Closed jimmymathews closed 3 months ago

jimmymathews commented 4 months ago

When the cell-data API endpoint is queried for a sample with a large number of cells (e.g. 700k), the query seems to be forwarded correctly to the cells service, which then correctly finds a cached version (if it exists), but the API service does not seem to be receiving the payloads from the cells service. Possibly there are cluster-internal limitations that stall such transfers.

For this issue, diagnose exactly how the stall happens and try to fix it.

jimmymathews commented 4 months ago

A quick fix was implemented in PR #315, but this is meant to be just temporary.

jimmymathews commented 3 months ago

This issue has now been thoroughly diagnosed. A main problem is the division of labor between the API and cells-data containerized services -- the API server is asking for a few hundred MB for each JSON payload from the cells-data service, but this service is a custom TCP server and the TCP client is reading one byte at a time since there is no advertisement of total byte count. The throughput in this system is about 1-2 MB per second, very slow.

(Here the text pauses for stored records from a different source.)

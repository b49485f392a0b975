-- ===== src/Auth/Settings.antt =====
-- The settings of app/config.py on authentication, and what it derives from their raw texts.
use Prim.Native.String
use Prim.Native.Char.{code}
use feature_asset_inventory.Base.{
  ℕ, String, ◌≡◌, refl, Bool, not, ◌||◌, ◌&&◌, Option, none, some, List, [], ◌∷◌, ◌++◌, ◌==◌,
  is_blank, is_empty, str_eq, strip, lower, words, member, has_char, stripped, split_at,
  if◌then◌else◌, Dict, insert,
}

pub record Settings : Type 0 where
  pub app_environment : String
  pub auth_mode : String
  pub auth_debug_headers_enabled : Bool
  pub auth_default_dev_user_id : String
  pub auth_default_dev_user_name : String
  pub auth_default_dev_email : String
  pub auth_default_dev_roles_raw : String
  pub auth_required_permissions_raw : String
  pub auth_role_permission_map_raw : String
  pub auth_scope_permission_map_raw : String
  pub entra_tenant_id : String
  pub entra_client_id : String
  pub entra_audience : String
  pub entra_allowed_audiences_raw : String
  pub entra_jwks_url : String
  pub entra_issuer : String
  pub entra_allowed_issuers_raw : String
  pub entra_clock_skew_seconds : ℕ

abbrev local_environments : List String
local_environments = "local" ∷ "dev" ∷ "development" ∷ "test" ∷ []

abbrev pub or_text : String → String → String
or_text s t = if is_blank s then t else s

unfoldable pub is_local_environment : Settings → Bool
is_local_environment s =
    member (or_text (lower (strip s.app_environment)) "local") local_environments

unfoldable pub normalized_auth_mode : Settings → String
normalized_auth_mode s = lower (strip s.auth_mode)

abbrev pub auth_default_dev_roles : Settings → List String
auth_default_dev_roles s = words b',' s.auth_default_dev_roles_raw

abbrev pub auth_required_permissions : Settings → List String
auth_required_permissions s = words b',' s.auth_required_permissions_raw

-- `entry.split(":", 1)` of an entry with a colon: what stands before the first one, and after it.
abbrev cut : String → String × String
cut String.[] = ("", "")
cut (String.◌∷◌ c s) =
    let rest = cut s in if code c == b':' then ("", s) else (String.◌∷◌ c rest.0, rest.1)

pieces : List String → List String
pieces [] = []
pieces (p ∷ ps) = split_at b',' p ++ pieces ps

-- `raw.replace("|", ",").split(",")`: both characters separate.
abbrev split_both : String → List String
split_both raw = pieces (split_at b'|' raw)

add_entry : String → Dict (List String) → Dict (List String)
add_entry entry result =
    let key = strip (cut entry).0 in
    let permissions = stripped (split_both (cut entry).1) in
    if is_blank entry || not (has_char b':' entry)
    then result
    else if not (is_blank key) && not (is_empty permissions)
    then insert key permissions result
    else result

add_entries : List String → Dict (List String) → Dict (List String)
add_entries [] result = result
add_entries (e ∷ es) result = add_entries es (add_entry (strip e) result)

unfoldable pub parse_permission_map : String → Dict (List String)
unfolding pieces add_entry add_entries
parse_permission_map raw = add_entries (split_at b';' raw) []

abbrev pub auth_role_permission_map : Settings → Dict (List String)
auth_role_permission_map s = parse_permission_map s.auth_role_permission_map_raw

abbrev pub auth_scope_permission_map : Settings → Dict (List String)
auth_scope_permission_map s = parse_permission_map s.auth_scope_permission_map_raw

abbrev pub or_list : List String → List String → List String
or_list [] other = other
or_list (v ∷ vs) other = v ∷ vs

abbrev pub single : String → List String
single v = if is_blank v then [] else v ∷ []

unfoldable pub effective_entra_audiences : Settings → List String
effective_entra_audiences s =
    or_list (words b',' s.entra_allowed_audiences_raw)
      (or_list (single (strip s.entra_audience)) (single (strip s.entra_client_id)))

abbrev pub tenant_issuers : String → List String
tenant_issuers tenant_id =
    if is_blank tenant_id
    then []
    else String.◌++◌ "https://login.microsoftonline.com/" (String.◌++◌ tenant_id "/v2.0")
      ∷ String.◌++◌ "https://sts.windows.net/" (String.◌++◌ tenant_id "/")
      ∷ []

unfoldable pub effective_entra_issuers : Settings → List String
effective_entra_issuers s =
    or_list (words b',' s.entra_allowed_issuers_raw)
      (or_list (single (strip s.entra_issuer)) (tenant_issuers (strip s.entra_tenant_id)))

-- The URL strips the tenant only for the test.
unfoldable pub effective_entra_jwks_url : Settings → String
effective_entra_jwks_url s =
    if not (is_blank (strip s.entra_jwks_url))
    then strip s.entra_jwks_url
    else if is_blank (strip s.entra_tenant_id)
    then ""
    else String.◌++◌ "https://login.microsoftonline.com/"
        (String.◌++◌ s.entra_tenant_id "/discovery/v2.0/keys")

-- Why `validate_runtime_safety` raises; it reports all the missing settings at once.
pub data Unsafe : Type 0 where
  local_mode : Unsafe
  unsupported_mode : String → Unsafe
  missing_settings : Bool → Bool → Bool → Unsafe

unfoldable pub validate_runtime_safety : Settings → Option Unsafe
validate_runtime_safety s =
    let mode = normalized_auth_mode s in
    let audiences = is_empty (effective_entra_audiences s) in
    let issuers = is_empty (effective_entra_issuers s) in
    let jwks = is_blank (effective_entra_jwks_url s) in
    if is_local_environment s
    then none
    else if str_eq mode "none" || str_eq mode "mock"
    then some local_mode
    else if not (str_eq mode "entra")
    then some (unsupported_mode s.auth_mode)
    else if audiences || issuers || jwks
    then some (missing_settings audiences issuers jwks)
    else none

map_example :
    parse_permission_map "admin:*; reader : a.view|a.list ;x"
    ≡ ("admin", "*" ∷ []) ∷ ("reader", "a.view" ∷ "a.list" ∷ []) ∷ []
unfolding parse_permission_map split_at strip stripped has_char insert
map_example = refl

A secondary problem, related to the first, is that during the period of intra-cluster transfer the API server is non-responsive I guess due to the way the TCP client is set up.

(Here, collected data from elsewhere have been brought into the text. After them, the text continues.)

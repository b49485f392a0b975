-- ===== src/Python/Errors.antt =====
-- An expression that yields a value or raises one of the built-in errors.
use feature_asset_inventory.Base.{◌≡◌, refl, ◌⊎◌, inl, inr}

pub data Error : Type 0 where
  key_error index_error type_error attribute_error value_error : Error

pub data Outcome {ℓ} (A : Type ℓ) : Type ℓ where
  value : A → Outcome A
  raises : Error → Outcome A

infixl 5 ◌>>=◌
abbrev pub ◌>>=◌ {ℓ κ} : {A : Type ℓ} {B : Type κ} → Outcome A → (A → Outcome B) → Outcome B
value a >>= f = f a
raises e >>= f = raises e

abbrev pub map_value {ℓ κ} : {A : Type ℓ} {B : Type κ} → (A → B) → Outcome A → Outcome B
map_value f (value a) = value (f a)
map_value f (raises e) = raises e

pub Outcome-cases {ℓ} :
    {A : Type ℓ} (o : Outcome A) → ((a : A) × (o ≡ value a)) ⊎ ((e : Error) × (o ≡ raises e))
Outcome-cases (value a) = inl (a, refl)
Outcome-cases (raises e) = inr (e, refl)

To make matters worse, the ingress controller's timeout seemed to be triggering repeated retries immediately after the query completed, so the already-non-responsive API service was usually re-doing the exact same query 3 times immediately after completion. (And the completed query never is returned to the client).

All this is not noticeable when the payloads are small (a few MB).

Plan

In discussion with @franciscouzo we decided, independently of dealing with this issue, that we should stop creating JSON payloads of the cell data because they are needlessly wasteful of memory. We will transfer efficient binary data structures instead (closer to what is actually already stored in Postgres), and have the application/client interpret them byte by byte.

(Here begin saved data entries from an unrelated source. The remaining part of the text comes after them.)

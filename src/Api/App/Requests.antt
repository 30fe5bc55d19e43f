-- ===== src/Api/App/Requests.antt =====
-- Which requests FastAPI accepts for which call: the ranges, names and lengths of app/schemas and
-- app/api, stated apart from the code that tests them.
use realtime_ride_matching_e.Prelude.{
  ◌↔◌, ℕ, ◌≡◌, ◌≤◌, refl, true, false, Bool, Option, none, some, String, str_eq, eq_iff, arith, inl,
  inr, Bool-cases, case_option, if◌then◌else◌, subst, sym, ap,
}
use realtime_ride_matching_e.Floats.{Float}
use realtime_ride_matching_e.Config.{Env}
use realtime_ride_matching_e.Models.{DriverStatus, available, busy, offline}
use realtime_ride_matching_e.Observability.Metrics.{MetricsSnapshot}
use realtime_ride_matching_e.Api.Schemas.{
  Validator, DriverCreate, DriverLocationUpdate, RiderCreate, RideCreateRequest, is_point, in_limit,
  driver_create_ok, driver_location_ok, rider_create_ok, ride_create_ok, header_ok, text_length,
}
use realtime_ride_matching_e.Api.Routing.{
  Request, get_drivers, post_driver, get_driver, patch_location, post_rider, post_ride, get_ride,
  post_cancel, post_complete, get_surge, get_stats, Call, list_drivers, create_driver, read_driver,
  update_driver_location, create_rider, request_ride, read_ride, cancel_ride, complete_ride,
  get_zone_surge, read_stats, driver_status_of, query_status, checked, validated,
}

abbrev pub status_name : DriverStatus → String
status_name available = "available"
status_name busy = "busy"
status_name offline = "offline"

abbrev pub KeyFits : Option String → Type 0
KeyFits none = Unit
KeyFits (some key) = text_length key ≤ 255

-- A latitude between -90 and 90 and a longitude between -180 and 180.
abbrev pub IsPoint : Env → Validator → Float → Float → Type 0
IsPoint env v lat lng =
    (v.accepts (env.floats.sub (env.floats.of_int 0) (env.floats.of_int 90)) (env.floats.of_int 90)
        lat
      ≡ true)
    × (v.accepts (env.floats.sub (env.floats.of_int 0) (env.floats.of_int 180))
          (env.floats.of_int 180) lng
        ≡ true)

pub data Accepts (env : Env) (v : Validator) : Request → Call → Type 0 where
  all_drivers : Accepts env v (get_drivers none) (list_drivers none)
  drivers_with :
      (status : DriverStatus)
      → Accepts env v (get_drivers (some (status_name status))) (list_drivers (some status))
  new_driver :
      (p : DriverCreate)
      → IsPoint env v p.current_lat p.current_lng
      → Accepts env v (post_driver (some p)) (create_driver p)
  one_driver :
      (text : String) (id : ℕ)
      → v.parse_uuid text ≡ some id
      → Accepts env v (get_driver text) (read_driver id)
  location :
      (text : String) (id : ℕ) (p : DriverLocationUpdate)
      → v.parse_uuid text ≡ some id
      → IsPoint env v p.lat p.lng
      → Accepts env v (patch_location text (some p)) (update_driver_location id p)
  new_rider :
      (p : RiderCreate)
      → IsPoint env v p.pickup_lat p.pickup_lng
      → Accepts env v (post_rider (some p)) (create_rider p)
  new_ride :
      (p : RideCreateRequest) (key : Option String)
      → IsPoint env v p.pickup_lat p.pickup_lng
      → KeyFits key
      → Accepts env v (post_ride (some p) key) (request_ride p key)
  one_ride :
      (text : String) (id : ℕ)
      → v.parse_uuid text ≡ some id
      → Accepts env v (get_ride text) (read_ride id)
  cancelling :
      (text : String) (id : ℕ)
      → v.parse_uuid text ≡ some id
      → Accepts env v (post_cancel text) (cancel_ride id)
  completing :
      (text : String) (id : ℕ)
      → v.parse_uuid text ≡ some id
      → Accepts env v (post_complete text) (complete_ride id)
  any_zone : (zone : ℕ) → Accepts env v (get_surge zone) (get_zone_surge zone)
  any_stats :
      (metrics : MetricsSnapshot) (latencies : Float × Float × Float)
      → Accepts env v (get_stats metrics latencies) (read_stats metrics latencies)

same : {B : Type 0} {b c : B} → some b ≡ some c → b ≡ c
same h = cc

-- A `some` result of a chain, of a guard and of a checked payload.
given :
    {A B : Type 0} (o : Option A) (k : A → Option B) (b : B)
    → case_option o none k ≡ some b
    → (a : A) × (o ≡ some a) × (k a ≡ some b)
given none k b h = cc
given (some a) k b h = (a, refl, h)

guarded :
    {B : Type 0} (t : Bool) (b c : B) → (if t then some b else none) ≡ some c → (t ≡ true) × (b ≡ c)
guarded true b c h = (refl, same h)
guarded false b c h = cc

checked_lem :
    {A : Type 0} (is_ok : A → Bool) (o : Option A) (a : A)
    → checked is_ok o ≡ some a
    → (o ≡ some a) × (is_ok a ≡ true)
unfolding checked
checked_lem is_ok none a h = cc
checked_lem is_ok (some x) a h =
    let (k, e) = guarded (is_ok x) x a h in (ap some e, subst (λ y. is_ok y ≡ true) e k)

named :
    (text : String) (status : DriverStatus)
    → driver_status_of text ≡ some status
    → text ≡ status_name status
unfolding driver_status_of
named text status h = elim (Bool-cases (str_eq text "available")) [
  | inl e ↦ subst (λ s. text ≡ status_name s) (same (rw e at h)) ((eq_iff text "available").0 e)
  | inr e ↦ elim (Bool-cases (str_eq text "busy")) [
    | inl e' ↦
        subst (λ s. text ≡ status_name s) (same (rw (e, e') at h)) ((eq_iff text "busy").0 e')
    | inr e' ↦
        let (e'', k) = guarded (str_eq text "offline") offline status (rw (e, e') at h) in
        subst (λ s. text ≡ status_name s) k ((eq_iff text "offline").0 e'')
  ]
]

header_lem : (key : Option String) → (header_ok key ≡ true) ↔ KeyFits key
unfolding header_ok
header_lem none = ground arith
header_lem (some key) = ground arith

module _ (env : Env) (v : Validator) where
  point_lem : (lat lng : Float) → (is_point env.floats v lat lng ≡ true) ↔ IsPoint env v lat lng
  unfolding is_point in_limit
  point_lem lat lng = ground arith

  -- What fits is accepted.
  pub Accepts-validated :
      (request : Request) (call : Call)
      → Accepts env v request call
      → validated env v request ≡ some call
  unfolding validated query_status driver_status_of checked driver_create_ok driver_location_ok
      rider_create_ok ride_create_ok
  Accepts-validated _ _ all_drivers = refl
  Accepts-validated _ _ (drivers_with available) = refl
  Accepts-validated _ _ (drivers_with busy) = refl
  Accepts-validated _ _ (drivers_with offline) = refl
  Accepts-validated _ _ (new_driver p h) = rw ((point_lem p.current_lat p.current_lng).1 h) refl
  Accepts-validated _ _ (one_driver text id e) = rw e refl
  Accepts-validated _ _ (location text id p e h) = rw (e, (point_lem p.lat p.lng).1 h) refl
  Accepts-validated _ _ (new_rider p h) = rw ((point_lem p.pickup_lat p.pickup_lng).1 h) refl
  Accepts-validated _ _ (new_ride p key h k) =
      rw ((point_lem p.pickup_lat p.pickup_lng).1 h, (header_lem key).1 k) refl
  Accepts-validated _ _ (one_ride text id e) = rw e refl
  Accepts-validated _ _ (cancelling text id e) = rw e refl
  Accepts-validated _ _ (completing text id e) = rw e refl
  Accepts-validated _ _ (any_zone zone) = refl
  Accepts-validated _ _ (any_stats metrics latencies) = refl

  -- What is accepted fits.
  pub validated-Accepts :
      (request : Request) (call : Call)
      → validated env v request ≡ some call
      → Accepts env v request call
  unfolding validated query_status driver_create_ok driver_location_ok rider_create_ok
      ride_create_ok
  validated-Accepts (get_drivers none) call h = subst (Accepts env v _) (same h) all_drivers
  validated-Accepts (get_drivers (some text)) call h =
      let (status, e, h') = given (driver_status_of text) _ call h in
      subst (λ t. Accepts env v (get_drivers (some t)) call) (sym (named text status e))
        (subst (Accepts env v _) (same h') (drivers_with status))
  validated-Accepts (post_driver p) call h =
      let (q, e, h') = given (checked (driver_create_ok env.floats v) p) _ call h in
      let (e', k) = checked_lem _ p q e in
      subst (λ o. Accepts env v (post_driver o) call) (sym e')
        (subst (Accepts env v _) (same h')
          (new_driver q ((point_lem q.current_lat q.current_lng).0 k)))
  validated-Accepts (get_driver text) call h =
      let (id, e, h') = given (v.parse_uuid text) _ call h in
      subst (Accepts env v _) (same h') (one_driver text id e)
  validated-Accepts (patch_location text p) call h =
      let (id, e, g) = given (v.parse_uuid text) _ call h in
      let (q, e', h') = given (checked (driver_location_ok env.floats v) p) _ call g in
      let (e'', k) = checked_lem _ p q e' in
      subst (λ o. Accepts env v (patch_location text o) call) (sym e'')
        (subst (Accepts env v _) (same h') (location text id q e ((point_lem q.lat q.lng).0 k)))
  validated-Accepts (post_rider p) call h =
      let (q, e, h') = given (checked (rider_create_ok env.floats v) p) _ call h in
      let (e', k) = checked_lem _ p q e in
      subst (λ o. Accepts env v (post_rider o) call) (sym e')
        (subst (Accepts env v _) (same h')
          (new_rider q ((point_lem q.pickup_lat q.pickup_lng).0 k)))
  validated-Accepts (post_ride p key) call h =
      let (q, e, g) = given (checked (ride_create_ok env.floats v) p) _ call h in
      let (e', k) = checked_lem _ p q e in
      let (fits, h') = guarded (header_ok key) (request_ride q key) call g in
      subst (λ o. Accepts env v (post_ride o key) call) (sym e')
        (subst (Accepts env v _) h'
          (new_ride q key ((point_lem q.pickup_lat q.pickup_lng).0 k) ((header_lem key).0 fits)))
  validated-Accepts (get_ride text) call h =
      let (id, e, h') = given (v.parse_uuid text) _ call h in
      subst (Accepts env v _) (same h') (one_ride text id e)
  validated-Accepts (post_cancel text) call h =
      let (id, e, h') = given (v.parse_uuid text) _ call h in
      subst (Accepts env v _) (same h') (cancelling text id e)
  validated-Accepts (post_complete text) call h =
      let (id, e, h') = given (v.parse_uuid text) _ call h in
      subst (Accepts env v _) (same h') (completing text id e)
  validated-Accepts (get_surge zone) call h = subst (Accepts env v _) (same h) (any_zone zone)
  validated-Accepts (get_stats metrics latencies) call h =
      subst (Accepts env v _) (same h) (any_stats metrics latencies)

This would change the job of the cells data service a lot, probably allowing it to skip the initialization step of pre-loading dataframes in memory at all, reducing its baseline RAM footprint to a couple of GB or less. Or, possibly, allowing the API service to handle this on its own with no additional service.

So a new API endpoint will be added, to replace the current cells-data one, that will send the efficient data structure, most likely structured as:

4 bytes 1  - 4 : number of cells (can be used to compute total byte count if necessary)
4 bytes 5  - 8: 32-bit integer x position
4 bytes 9  - 12: 32-bit integer y position
8 bytes 13 - 20: phenotype membership bits (corresponds to 64-bit integer representation elsewhere)
... repetition of 4+4+8=16 bytes, per cell

A separate mini endpoint can provide the ordered set of feature names.

This should give us a range of about 1MB to 75MB (for slide size range from ~100k to 5 million cells).